## What is expected
Within the data that follows, set down exactly the lines from the one containing "pixels.stride + x) 0" through the one containing "i ≢ index_of info.spec region x y)", both ends included.

## Stored data entries
—————

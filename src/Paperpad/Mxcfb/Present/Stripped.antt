-- ===== src/Paperpad/Mxcfb/Present/Stripped.antt =====
-- The system strip reaches the mapping and the kernel.
use native.Mathlib.Decide.{dec_lt}
use rust_x11_hello.Prelude.{
  ℕ, ◌+◌, ◌-◌, ◌*◌, ◌^◌, ◌≤◌, ◌<◌, ◌≡◌, ◌≢◌, ◌⊎◌, inl, inr, refl, arith, Bool, ok, some, length,
  get_or,
}
use rust_x11_hello.Prelude.Int.{ℤ}
use rust_x11_hello.Paperpad.Ui.Screen.{ScreenRect}
use rust_x11_hello.Paperpad.Ui.System.{LogicalRect, exit_bounds}
use rust_x11_hello.Paperpad.Mxcfb.Region.Regions.{region_of, system_ui_update_region-ok}
use rust_x11_hello.Paperpad.Mxcfb.Request.{
  UpdateDataMtk, full_gc16_request_for_region, next_marker, request_for,
  next_full_gc16_system_ui_request,
}
use rust_x11_hello.Paperpad.Mxcfb.Pixels.Blit.{index_of}
use rust_x11_hello.Paperpad.Mxcfb.Mapped.{
  WritableFramebuffer, SystemUiPixels, strip_offset, write_system_ui,
}
use rust_x11_hello.Paperpad.Mxcfb.Mapped.Stores.{write_system_ui-Atomic}
use rust_x11_hello.Paperpad.Mxcfb.Mapped.Strip.{
  IsStripOf, check_write_system_ui-ok, after, length-after, after_inside, after_outside,
}
use rust_x11_hello.Paperpad.Mxcfb.Metadata.{FramebufferInfo}
use rust_x11_hello.Paperpad.Mxcfb.SystemPixels.Strip.{drawn, rasterize_ok, length-pixels}
use rust_x11_hello.Paperpad.Mxcfb.Present.{Device, present_pixels, present_system_ui, remapped}
use rust_x11_hello.Paperpad.Mxcfb.Present.Ready.{
  IsDevice, viewport, info_page, wide_line, parts, size, mapping,
}
use rust_x11_hello.Paperpad.Mxcfb.Present.Shown.{answer, asking, write_requested-ok}

module _ (ioctl : UpdateDataMtk → ℤ) (d : Device) (connected : Bool) (bounds : LogicalRect)
    (v : IsDevice d)
    (exit : exit_bounds d.opened.info.geometry.xres d.opened.info.geometry.yres ≡ some bounds) where
  abbrev info : FramebufferInfo
  info = d.opened.info

  abbrev region : ScreenRect
  region = info.screen.system_ui_region

  abbrev pub pixels : SystemUiPixels
  pixels =
      drawn info.geometry.xres info.geometry.yres info.screen bounds connected v.info.screen exit

  in_page : (y a b line : ℕ) → y + 1 ≤ a → b ≤ line → y * line + b ≤ a * line
  in_page y a b line hy hb = grind arith

  fits : strip_offset info.spec pixels 71 + region.width ≤ length d.opened.mapping.bytes
  fits =
      let end =
        in_page (info.spec.yoffset + region.y + 71) (info.spec.yoffset + info.spec.visible_height)
          (info.spec.xoffset + region.x + region.width) info.spec.line_length
          (omega (
            arith,
            (parts info v.info).rows,
            (parts info v.info).adjacent,
            size info v.info,
            viewport info v.info,
          ))
          (omega (
            arith,
            (parts info v.info).system_left,
            (parts info v.info).system_wide,
            size info v.info,
            (mapping info v.info).right,
            v.info.same,
            wide_line info v.info,
          )) in
      omega (arith, end, info_page info v.info, v.len)

  few : (w h : ℕ) → w ≤ 32767 → h ≡ 72 → w * h < 2 ^ 32
  few w h hw hh = rw hh (omega (arith, hw))

  pub strip :
      IsStripOf info.geometry.xres info.geometry.yres info.screen d.opened.mapping pixels info.spec
  strip = record {
    layout = v.info.screen;
    visible = (v.info.same.0, v.info.same.1);
    reach = v.info.small;
    format = v.info.format;
    same = rw v.geometry v.info.same;
    region = refl;
    tall = (viewport info v.info).2;
    stride = refl;
    narrow = omega (
      arith,
      (parts info v.info).system_wide,
      size info v.info,
      (mapping info v.info).right,
      v.info.same,
      wide_line info v.info,
    );
    size =
        length-pixels info.geometry.xres info.geometry.yres info.screen bounds connected
          v.info.screen exit;
    few =
        few region.width region.height
          (omega (arith, (parts info v.info).system_wide, (parts info v.info).reach))
          (viewport info v.info).2;
    small = omega (arith, v.len, v.small);
    left = omega (
      arith,
      (parts info v.info).system_left,
      (mapping info v.info).right,
      v.words.columns,
      v.info.same,
    );
    low = omega (
      arith,
      (parts info v.info).rows,
      (parts info v.info).adjacent,
      (mapping info v.info).bottom,
      v.words.rows,
      v.info.same,
      size info v.info,
      viewport info v.info,
    );
    fits = fits;
  }

  abbrev painted : WritableFramebuffer
  painted =
      after info.geometry.xres info.geometry.yres info.screen d.opened.mapping pixels info.spec
        strip

  written : write_system_ui d.opened.mapping pixels info.spec ≡ (ok region, painted)
  written = elim (write_system_ui-Atomic d.opened.mapping pixels info.spec) [
    | inl (passed, done) ↦ done
    | inr (e, failed, kept) ↦ absurd (
        cc (
          failed,
          check_write_system_ui-ok info.geometry.xres info.geometry.yres info.screen
              d.opened.mapping pixels info.spec strip,
        ))
  ]

  abbrev request : UpdateDataMtk
  request = full_gc16_request_for_region (region_of region) d.markers.next

  request-ok :
      next_full_gc16_system_ui_request info.screen info.spec.visible_width info.spec.visible_height
        d.markers
      ≡ (ok request, (next_marker d.markers).1)
  unfolding next_full_gc16_system_ui_request request_for next_marker
  request-ok =
      let (ex, ey) = size info v.info in
      let made =
        system_ui_update_region-ok info.screen (parts info v.info)
          (omega (arith, ey, v.info.same, v.info.tall))
          (omega (arith, (viewport info v.info).0, (parts info v.info).wide)) in
      rw (← ex, ← ey) (rw made refl)

  abbrev next : Device
  next = asking (remapped (record d { markers = (next_marker d.markers).1 }) painted) request

  pub present_system_ui-ok :
      present_system_ui ioctl d connected ≡ (answer ioctl request region, next)
  unfolding present_system_ui present_pixels
  present_system_ui-ok =
      rw
        (
          rasterize_ok info.geometry.xres info.geometry.yres info.screen bounds connected
              v.info.screen exit v.info.small.0 v.info.small.1,
          request-ok,
        )
        (write_requested-ok ioctl (record d { markers = (next_marker d.markers).1 }) region
          d.markers.next (λ fb. write_system_ui fb pixels info.spec) painted v.marker
          (omega (
            arith,
            (viewport info v.info).0,
            (parts info v.info).wide,
            (parts info v.info).system_wide,
          ))
          (omega (arith, viewport info v.info))
          (omega (
            arith,
            (parts info v.info).system_left,
            (parts info v.info).system_wide,
            size info v.info,
          ))
          (omega (arith, (parts info v.info).rows, (parts info v.info).adjacent, size info v.info))
          (omega (arith, v.info.small, v.info.same)) (omega (arith, v.info.small, v.info.same))
          written)

  index-eq : (x y : ℕ) → index_of info.spec region x y ≡ strip_offset info.spec pixels y + x
  index-eq x y = grind arith

  -- The strip has its pixels, and the rest of the mapping is as before.
  pub inside :
      (x y : ℕ)
      → x < region.width
      → y < region.height
      → get_or painted.bytes (index_of info.spec region x y) 0
        ≡ get_or pixels.bytes (y * pixels.stride + x) 0
  inside x y hx hy = rw (index-eq x y) (
      after_inside info.geometry.xres info.geometry.yres info.screen d.opened.mapping pixels
        info.spec strip x y hx hy)

  pub outside :
      (i : ℕ)
      → ((x y : ℕ) → x < region.width → y < region.height → i ≢ index_of info.spec region x y)
      → get_or painted.bytes i 0 ≡ get_or d.opened.mapping.bytes i 0
  outside i out =
      after_outside info.geometry.xres info.geometry.yres info.screen d.opened.mapping pixels
        info.spec strip i before_or_behind
    where
      before_or_behind :
          (y : ℕ)
          → y < region.height
          → (i < strip_offset info.spec pixels y)
            ⊎ (strip_offset info.spec pixels y + region.width ≤ i)
      before_or_behind y lt = elim (dec_lt i (strip_offset info.spec pixels y)) [
        | yes before ↦ inl before
        | no later ↦ elim (dec_lt i (strip_offset info.spec pixels y + region.width)) [
          | yes within ↦
              let x = i - strip_offset info.spec pixels y in
              absurd (out x y (omega arith) lt (omega (arith, index-eq x y)))
          | no behind ↦ inr (omega arith)
        ]
      ]

  pub length-painted : length painted.bytes ≡ length d.opened.mapping.bytes
  length-painted =
      length-after info.geometry.xres info.geometry.yres info.screen d.opened.mapping pixels
        info.spec strip
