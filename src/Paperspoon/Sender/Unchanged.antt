-- ===== src/Paperspoon/Sender/Unchanged.antt =====
-- When an application frame is not sent again.
use rust_x11_hello.Prelude.{
  ℕ, ◌≡◌, ◌≢◌, ◌↔◌, refl, ap, ap₂, arith, List, [], ◌∷◌, Bool, true, false, ◌&&◌, Option, none,
  some, Result, ok, err, is_some,
}
use rust_x11_hello.Protocol.Frame.{mono1, Mono1Frame, mono1_frame}
use rust_x11_hello.Paperspoon.Sender.{
  Diagnostics, AuthoritativeFrame, application, diagnostic, jpeg, now_playing, FrameSender,
  SentFrame, unchanged, SendError, Sending, and_then, encode_frame, send_locked,
}
use rust_x11_hello.Paperspoon.Sender.Sends.{
  same_pixels, same_frame, is_last, shows_application, application_sent, send_candidate,
  send_application_locked, send_application,
}
use rust_x11_hello.Paperspoon.Sender.Ops.{IsEncoder, IsLast}
use rust_x11_hello.Paperspoon.Sender.Trace.{SenderOp, sender_after, sender_after-IsSender}

same_pixels-eq : (xs ys : List ℕ) → same_pixels xs ys ≡ true → xs ≡ ys
unfolding same_pixels
same_pixels-eq [] [] e = refl
same_pixels-eq [] (y ∷ ys) e = absurd (ground arith)
same_pixels-eq (x ∷ xs) [] e = absurd (ground arith)
same_pixels-eq (x ∷ xs) (y ∷ ys) e =
    ap₂ ◌∷◌ (ground (arith, e)) (same_pixels-eq xs ys (ground (arith, e)))

same_pixels_refl : (xs : List ℕ) → same_pixels xs xs ≡ true
unfolding same_pixels
same_pixels_refl [] = refl
same_pixels_refl (x ∷ xs) = ground (arith, same_pixels_refl xs)

is_last-eq : (o : Option Mono1Frame) (c : Mono1Frame) → is_last o c ≡ true → o ≡ some c
unfolding is_last same_frame
is_last-eq none c e = absurd (ground arith)
is_last-eq (some f) c e =
    let ew : f.width ≡ c.width = ground (arith, e) in
    let eh : f.height ≡ c.height = ground (arith, e) in
    let es : f.stride ≡ c.stride = ground (arith, e) in
    let ep : f.pixels ≡ c.pixels = same_pixels-eq f.pixels c.pixels (ground (arith, e)) in
    ap some (cc (ew, eh, es, ep))

is_last_refl : (c : Mono1Frame) → is_last (some c) c ≡ true
unfolding is_last same_frame
is_last_refl c = ground (arith, same_pixels_refl c.pixels)

module _ (diagnostics : Diagnostics) where
  abbrev D : Type 0
  D = diagnostics.DiagnosticFrame

  shows_application-eq :
      (o : Option (AuthoritativeFrame D)) (viewport : ℕ × ℕ)
      → shows_application diagnostics o viewport ≡ true
      → o ≡ some (application viewport)
  unfolding shows_application
  shows_application-eq none viewport e = absurd (ground arith)
  shows_application-eq (some (application (w, h))) viewport e =
      let ew : w ≡ viewport.0 = ground (arith, e) in
      let eh : h ≡ viewport.1 = ground (arith, e) in cc (ew, eh)
  shows_application-eq (some (diagnostic d)) viewport e = absurd (ground arith)
  shows_application-eq (some (jpeg f)) viewport e = absurd (ground arith)
  shows_application-eq (some (now_playing f)) viewport e = absurd (ground arith)

  shows_application_refl :
      (viewport : ℕ × ℕ)
      → shows_application diagnostics (some (application viewport)) viewport ≡ true
  unfolding shows_application
  shows_application_refl viewport = ground arith

  -- A frame that is sent is not told to be unchanged.
  sent-not_unchanged :
      (c : Mono1Frame) (r : Sending D (Option SentFrame))
      → (and_then r (application_sent diagnostics c)).0 ≢ ok unchanged
  unfolding and_then application_sent
  sent-not_unchanged c (ok (some f), s) e = absurd (ground arith)
  sent-not_unchanged c (ok none, s) e = absurd (ground arith)
  sent-not_unchanged c (err reason, s) e = absurd (ground arith)

  abbrev suppresses : FrameSender D → ℕ × ℕ → Mono1Frame → Bool
  suppresses s viewport c =
      shows_application diagnostics s.authoritative viewport && is_last s.last_application_frame c

  candidate-unchanged :
      (writes : ℕ → Bool) (s : FrameSender D) (viewport : ℕ × ℕ) (b : Bool) (c : Mono1Frame)
      → (send_candidate diagnostics writes s viewport b (ok c)).0 ≡ ok unchanged
      → (is_some s.server.active ≡ true) × (b ≡ true) × (suppresses s viewport c ≡ true)
  unfolding send_candidate
  candidate-unchanged writes s viewport b c e = ground (
    arith,
    sent-not_unchanged c (
        send_locked diagnostics writes s mono1 none (encode_frame (mono1_frame c))
          (application viewport)),
  )

  error-not_unchanged :
      (writes : ℕ → Bool) (s : FrameSender D) (viewport : ℕ × ℕ) (b : Bool) (reason : SendError)
      → (send_candidate diagnostics writes s viewport b (err reason)).0 ≢ ok unchanged
  unfolding send_candidate
  error-not_unchanged writes s viewport b reason e = absurd (ground arith)

  -- What suppresses a frame
  abbrev pub Suppresses :
      FrameSender D → (ℕ → ℕ → Result SendError Mono1Frame) → ℕ × ℕ → Mono1Frame → Type 0
  Suppresses s render viewport c =
      (render viewport.0 viewport.1 ≡ ok c)
      × (is_some s.server.active ≡ true)
      × (s.authoritative ≡ some (application viewport))
      × (s.last_application_frame ≡ some c)

  rendered-unchanged :
      (writes : ℕ → Bool) (s : FrameSender D) (viewport : ℕ × ℕ) (b : Bool)
      (rendered : Result SendError Mono1Frame)
      → (send_candidate diagnostics writes s viewport b rendered).0 ≡ ok unchanged
      → (c : Mono1Frame) × (rendered ≡ ok c)
        × (is_some s.server.active ≡ true)
        × (b ≡ true)
        × (suppresses s viewport c ≡ true)
  rendered-unchanged writes s viewport b (ok c) e =
      let (active, on, same) = candidate-unchanged writes s viewport b c e in
      (c, refl, active, on, same)
  rendered-unchanged writes s viewport b (err reason) e =
      absurd (error-not_unchanged writes s viewport b reason e)

  unchanged-Suppresses :
      (writes : ℕ → Bool) (s : FrameSender D) (render : ℕ → ℕ → Result SendError Mono1Frame)
      (viewport : ℕ × ℕ)
      → (send_application diagnostics writes s render viewport).0 ≡ ok unchanged
      → (c : Mono1Frame) × Suppresses s render viewport c
  unfolding send_application send_application_locked
  unchanged-Suppresses writes s render viewport e =
      let (c, rendered, active, on, same) =
        rendered-unchanged writes s viewport true (render viewport.0 viewport.1) e in
      (
        c,
        (
          rendered,
          active,
          shows_application-eq s.authoritative viewport (ground (arith, same)),
          is_last-eq s.last_application_frame c (ground (arith, same)),
        ),
      )

  Suppresses-unchanged :
      (writes : ℕ → Bool) (s : FrameSender D) (render : ℕ → ℕ → Result SendError Mono1Frame)
      (viewport : ℕ × ℕ) (c : Mono1Frame)
      → Suppresses s render viewport c
      → (send_application diagnostics writes s render viewport).0 ≡ ok unchanged
  unfolding send_application send_application_locked send_candidate
  Suppresses-unchanged writes s render viewport c (rendered, active, authoritative, last) =
      let shown : shows_application diagnostics s.authoritative viewport ≡ true =
        rw authoritative (shows_application_refl viewport) in
      let same : is_last s.last_application_frame c ≡ true = rw last (is_last_refl c) in
      rw rendered (ground (arith, active, shown, same))

-- After any operations of the sender and of the connection, a request to send an application frame is
-- answered `Unchanged` exactly if PaperPad is connected, an application frame of this viewport is
-- authoritative and the frame rendered now is the one remembered; that frame is then the last one
-- written to any connection. Without suppression, as at a viewport change and at a Hello, the answer is
-- never `Unchanged`.
pub send_application_iff :
    (diagnostics : Diagnostics) (encoder : IsEncoder diagnostics)
    (ops : List (SenderOp diagnostics.DiagnosticFrame)) (writes : ℕ → Bool)
    (render : ℕ → ℕ → Result SendError Mono1Frame) (viewport : ℕ × ℕ)
    → (((send_application diagnostics writes (sender_after diagnostics ops) render viewport).0
          ≡ ok unchanged)
        ↔ ((c : Mono1Frame) × Suppresses diagnostics
              (sender_after diagnostics ops)
              render
              viewport
              c))
      × ((c : Mono1Frame)
          → (sender_after diagnostics ops).last_application_frame ≡ some c
          → IsLast diagnostics encoder c (sender_after diagnostics ops))
      × ((send_application_locked diagnostics writes
            (sender_after diagnostics ops)
            render
            viewport
            false).0
          ≢ ok unchanged)
unfolding send_application_locked
send_application_iff diagnostics encoder ops writes render viewport =
    let s = sender_after diagnostics ops in
    (
      (
        unchanged-Suppresses diagnostics writes s render viewport,
        λ (c, why). Suppresses-unchanged diagnostics writes s render viewport c why,
      ),
      (sender_after-IsSender diagnostics encoder ops).last,
      λ e.
          let (c, rendered, active, off, same) =
            rendered-unchanged diagnostics writes s viewport false (render viewport.0 viewport.1)
              e in
          ground (arith, off),
    )
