-- ===== src/Paperspoon/Sender/Tests.antt =====
-- A sender whose diagnostic frames are frames, a connection, and some frames sent to it.
use rust_x11_hello.Prelude.{
  ℕ, ◌≡◌, ◌≢◌, ◌↔◌, arith, List, [], ◌∷◌, true, false, Option, none, some, Result, ok, err,
  Result-cases, inl, inr,
}
use rust_x11_hello.Protocol.Frame.{
  Mono1Frame, Frame, gray8_frame, frame_width, frame_height, frame_pixel_format,
}
use rust_x11_hello.Protocol.Payload.{encode_v2_frame}
use rust_x11_hello.Paperspoon.Sender.{Diagnostics, SendError, unchanged}
use rust_x11_hello.Paperspoon.Sender.Sends.{send_application, send_application_locked}
use rust_x11_hello.Paperspoon.Sender.Ops.{IsEncoder, IsSender, IsLast}
use rust_x11_hello.Paperspoon.Sender.Trace.{
  SenderOp, connect, show_diagnostic, show_application, sender_after, sender_after-IsSender,
}
use rust_x11_hello.Paperspoon.Sender.Unchanged.{Suppresses, send_application_iff}

abbrev to_option : {A : Type 0} {E : Type 0} → Result E A → Option A
to_option (ok a) = some a
to_option (err e) = none

abbrev frames : Diagnostics
frames = record {
  DiagnosticFrame = Frame;
  dimensions = λ f. (frame_width f, frame_height f);
  pixel_format = frame_pixel_format;
  encode = λ f id. to_option (encode_v2_frame id f);
}

frames-IsEncoder : IsEncoder frames
frames-IsEncoder d frame_id bytes e = elim (Result-cases (encode_v2_frame frame_id d)) [
  | inl (made, done) ↦ (d, ground (arith, done, e))
  | inr (reason, failed) ↦ absurd (ground (arith, failed, e))
]

abbrev dot : Mono1Frame
dot = record { width = 1; height = 1; stride = 1; pixels = 128 ∷ [] }

abbrev grey : Frame
grey = gray8_frame (record { width = 1; height = 1; stride = 1; pixels = 7 ∷ [] })

abbrev render : ℕ → ℕ → Result SendError Mono1Frame
render width height = ok dot

abbrev ops : List (SenderOp Frame)
ops =
    show_application (λ socket. true) render (1, 1)
    ∷ show_diagnostic (λ socket. true) grey
    ∷ connect true 4 (record { mask = 3 }) (1, 1)
    ∷ []

sender_after-IsSender_example : IsSender frames frames-IsEncoder (sender_after frames ops)
sender_after-IsSender_example = sender_after-IsSender frames frames-IsEncoder ops

send_application_iff_example :
    (((send_application frames (λ socket. true) (sender_after frames ops) render (1, 1)).0
        ≡ ok unchanged)
      ↔ ((c : Mono1Frame) × Suppresses frames (sender_after frames ops) render (1, 1) c))
    × ((c : Mono1Frame)
        → (sender_after frames ops).last_application_frame ≡ some c
        → IsLast frames frames-IsEncoder c (sender_after frames ops))
    × ((send_application_locked frames
          (λ socket. true)
          (sender_after frames ops)
          render
          (1, 1)
          false).0
        ≢ ok unchanged)
send_application_iff_example =
    send_application_iff frames frames-IsEncoder ops (λ socket. true) render (1, 1)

—————

## Exercise result
        ≡ get_or pixels.bytes (y * pixels.stride + x) 0
  inside x y hx hy = rw (index-eq x y) (
      after_inside info.geometry.xres info.geometry.yres info.screen d.opened.mapping pixels
        info.spec strip x y hx hy)

  pub outside :
      (i : ℕ)
      → ((x y : ℕ) → x < region.width → y < region.height → i ≢ index_of info.spec region x y)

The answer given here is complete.